#### What you are asked to do
The full set of records must be set down verbatim.

#### Data excerpts
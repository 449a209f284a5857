-- ===== src/Changes/Prefixes/Print.antt =====
-- A prefix that is written from an address and a length.
use terraformer.Base.{
  ℕ, ◌-◌, ◌%◌, ◌^◌, ◌<◌, ◌≤◌, ◌≡◌, refl, true, false, some, [], ◌∷◌, ◌++◌, arith, any, ◌==◌, All,
  All-imp, All-append,
}
use terraformer.Text.{Text, codes, is_space, is_digit, strip, join, decimal, split_on}
use terraformer.Text.Words.{join-All}
use terraformer.Text.Strip.{decimal-IsDigits}
use terraformer.Text.Ends.{split_on-join, Without, strip-dark}
use terraformer.Ipv4.{dotted, netmask}
use terraformer.Ipv4.Print.{network-parts, address-dotted, prefix_length-decimal}
use terraformer.Changes.Prefixes.{prefix_parts}

-- A character of a prefix, the slash aside.
abbrev Inside : ℕ → Type 0
Inside c = ((c == b'/') ≡ false) × (is_space c ≡ false)

digit-Inside : (c : ℕ) → is_digit c ≡ true → Inside c
unfolding is_digit is_space
digit-Inside c h = (ground arith, ground arith)

decimal-Inside : (n : ℕ) → All Inside (decimal n)
decimal-Inside n =
    All-imp (λ c. is_digit c ≡ true) Inside digit-Inside (decimal n) (decimal-IsDigits n)

dotted-Inside : (n : ℕ) → All Inside (dotted n)
unfolding dotted is_space
dotted-Inside n =
    join-All Inside (codes ".") _ ((refl, refl), tt)
      (decimal-Inside _, (decimal-Inside _, (decimal-Inside _, (decimal-Inside _, tt))))

-- `a.b.c.d/p`.
abbrev pub written : ℕ → ℕ → Text
written n p = dotted n ++ (b'/' ∷ decimal p)

slash_dark : is_space b'/' ≡ false
unfolding is_space
slash_dark = refl

strip-written : (n p : ℕ) → strip (written n p) ≡ written n p
strip-written n p = strip-dark (written n p) (
    All-append (λ c. is_space c ≡ false) (dotted n) _ (dark (dotted n) (dotted-Inside n))
      (slash_dark, dark (decimal p) (decimal-Inside p)))
  where
    dark : (s : Text) → All Inside s → All (λ c. is_space c ≡ false) s
    dark = All-imp Inside (λ c. is_space c ≡ false) (λ c h. h.1)

any_slash : (s t : Text) → any (λ c. c == b'/') (s ++ b'/' ∷ t) ≡ true
any_slash [] t = refl
any_slash (c ∷ s) t = ground (arith, any_slash s t)

split-written : (n p : ℕ) → split_on b'/' (written n p) ≡ dotted n ∷ decimal p ∷ []
unfolding join
split-written n p =
    split_on-join b'/' (dotted n) (decimal p ∷ [])
      (bare (dotted n) (dotted-Inside n), (bare (decimal p) (decimal-Inside p), tt))
  where
    bare : (s : Text) → All Inside s → Without b'/' s
    bare = All-imp Inside (λ c. (c == b'/') ≡ false) (λ c h. h.0)

-- A prefix written from an address below 2 ^ 32 and a length of at most 32, with no host bit set, is
-- read back as the dotted address and the dotted mask of that length.
pub prefix_parts-written :
    (n p : ℕ)
    → n < 2 ^ 32
    → p ≤ 32
    → n % 2 ^ (32 - p) ≡ 0
    → prefix_parts (written n p) ≡ some (dotted n, dotted (netmask p))
unfolding prefix_parts
prefix_parts-written n p l k e =
    rw
      (
        strip-written n p,
        any_slash (dotted n) (decimal p),
        network-parts (written n p) (dotted n) (decimal p) n p (split-written n p)
            (address-dotted n l) (prefix_length-decimal p k) e,
      )
      refl
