-- ===== src/Gate/Leases/Keys.antt =====
-- The sets of live permits of services/connection_gate.py, compared.
use terraformer.Base.{◌≡◌, ◌≢◌, sym, true, false, List, [], ◌∷◌, arith, any, All}
use terraformer.Gate.{ActiveKey, active}
use terraformer.Gate.Leases.{same_key}

pub same_key→eq : (j k : ActiveKey) → same_key j k ≡ true → j ≡ k
same_key→eq j k h = ground arith

pub same_key→ne : (j k : ActiveKey) → same_key j k ≡ false → j ≢ k
same_key→ne j k h e = ground arith

active-ne : (j k : ActiveKey) → j ≢ k → active j ≢ active k
active-ne j k h e = h (ground (arith, e))

pub same_key-ne : (j k : ActiveKey) → same_key j k ≡ false → active k ≢ active j
same_key-ne j k h = active-ne k j (λ e. same_key→ne j k h (sym e))

pub outside :
    (k : ActiveKey) (ks : List ActiveKey)
    → any (same_key k) ks ≡ false
    → All (λ j. active j ≢ active k) ks
outside k [] h = tt
outside k (j ∷ ks) h = (same_key-ne k j (ground (arith, h)), outside k ks (ground (arith, h)))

#### Answer to this problem
repository 449a209f284a5857
-- ===== src/Changes/Prefixes/Print.antt =====
-- A prefix that is written from an address and a length.
use terraformer.Base.{
  ℕ, ◌-◌, ◌%◌, ◌^◌, ◌<◌, ◌≤◌, ◌≡◌, refl, true, false, some, [], ◌∷◌, ◌++◌, arith, any, ◌==◌, All,
  All-imp, All-append,
}
use terraformer.Text.{Text, codes, is_space, is_digit, strip, join, decimal, split_on}
use terraformer.Text.Words.{join-All}
use terraformer.Text.Strip.{decimal-IsDigits}
use terraformer.Text.Ends.{split_on-join, Without, strip-dark}
use terraformer.Ipv4.{dotted, netmask}
use terraformer.Ipv4.Print.{network-parts, address-dotted, prefix_length-decimal}
use terraformer.Changes.Prefixes.{prefix_parts}

-- A character of a prefix, the slash aside.
abbrev Inside : ℕ → Type 0
Inside c = ((c == b'/') ≡ false) × (is_space c ≡ false)

digit-Inside : (c : ℕ) → is_digit c ≡ true → Inside c
unfolding is_digit is_space
digit-Inside c h = (ground arith, ground arith)

decimal-Inside : (n : ℕ) → All Inside (decimal n)
decimal-Inside n =
    All-imp (λ c. is_digit c ≡ true) Inside digit-Inside (decimal n) (decimal-IsDigits n)

dotted-Inside : (n : ℕ) → All Inside (dotted n)
unfolding dotted is_space
dotted-Inside n =
    join-All Inside (codes ".") _ ((refl, refl), tt)
      (decimal-Inside _, (decimal-Inside _, (decimal-Inside _, (decimal-Inside _, tt))))

-- `a.b.c.d/p`.
abbrev pub written : ℕ → ℕ → Text
written n p = dotted n ++ (b'/' ∷ decimal p)

slash_dark : is_space b'/' ≡ false
unfolding is_space
slash_dark = refl

strip-written : (n p : ℕ) → strip (written n p) ≡ written n p
strip-written n p = strip-dark (written n p) (
    All-append (λ c. is_space c ≡ false) (dotted n) _ (dark (dotted n) (dotted-Inside n))
      (slash_dark, dark (decimal p) (decimal-Inside p)))
  where
    dark : (s : Text) → All Inside s → All (λ c. is_space c ≡ false) s
    dark = All-imp Inside (λ c. is_space c ≡ false) (λ c h. h.1)

any_slash : (s t : Text) → any (λ c. c == b'/') (s ++ b'/' ∷ t) ≡ true
any_slash [] t = refl
any_slash (c ∷ s) t = ground (arith, any_slash s t)

split-written : (n p : ℕ) → split_on b'/' (written n p) ≡ dotted n ∷ decimal p ∷ []
unfolding join
split-written n p =
    split_on-join b'/' (dotted n) (decimal p ∷ [])
      (bare (dotted n) (dotted-Inside n), (bare (decimal p) (decimal-Inside p), tt))
  where
    bare : (s : Text) → All Inside s → Without b'/' s
    bare = All-imp Inside (λ c. (c == b'/') ≡ false) (λ c h. h.0)

-- A prefix written from an address below 2 ^ 32 and a length of at most 32, with no host bit set, is
-- read back as the dotted address and the dotted mask of that length.
pub prefix_parts-written :
    (n p : ℕ)
    → n < 2 ^ 32
    → p ≤ 32
    → n % 2 ^ (32 - p) ≡ 0
    → prefix_parts (written n p) ≡ some (dotted n, dotted (netmask p))
unfolding prefix_parts
prefix_parts-written n p l k e =
    rw
      (
        strip-written n p,
        any_slash (dotted n) (decimal p),
        network-parts (written n p) (dotted n) (decimal p) n p (split-written n p)
            (address-dotted n l) (prefix_length-decimal p k) e,
      )
      refl
-- ===== src/Gate/Leases/Keys.antt =====
-- The sets of live permits of services/connection_gate.py, compared.
use terraformer.Base.{◌≡◌, ◌≢◌, sym, true, false, List, [], ◌∷◌, arith, any, All}
use terraformer.Gate.{ActiveKey, active}
use terraformer.Gate.Leases.{same_key}

pub same_key→eq : (j k : ActiveKey) → same_key j k ≡ true → j ≡ k
same_key→eq j k h = ground arith

pub same_key→ne : (j k : ActiveKey) → same_key j k ≡ false → j ≢ k
same_key→ne j k h e = ground arith

active-ne : (j k : ActiveKey) → j ≢ k → active j ≢ active k
active-ne j k h e = h (ground (arith, e))

pub same_key-ne : (j k : ActiveKey) → same_key j k ≡ false → active k ≢ active j
same_key-ne j k h = active-ne k j (λ e. same_key→ne j k h (sym e))

pub outside :
    (k : ActiveKey) (ks : List ActiveKey)
    → any (same_key k) ks ≡ false
    → All (λ j. active j ≢ active k) ks
outside k [] h = tt
outside k (j ∷ ks) h = (same_key-ne k j (ground (arith, h)), outside k ks (ground (arith, h)))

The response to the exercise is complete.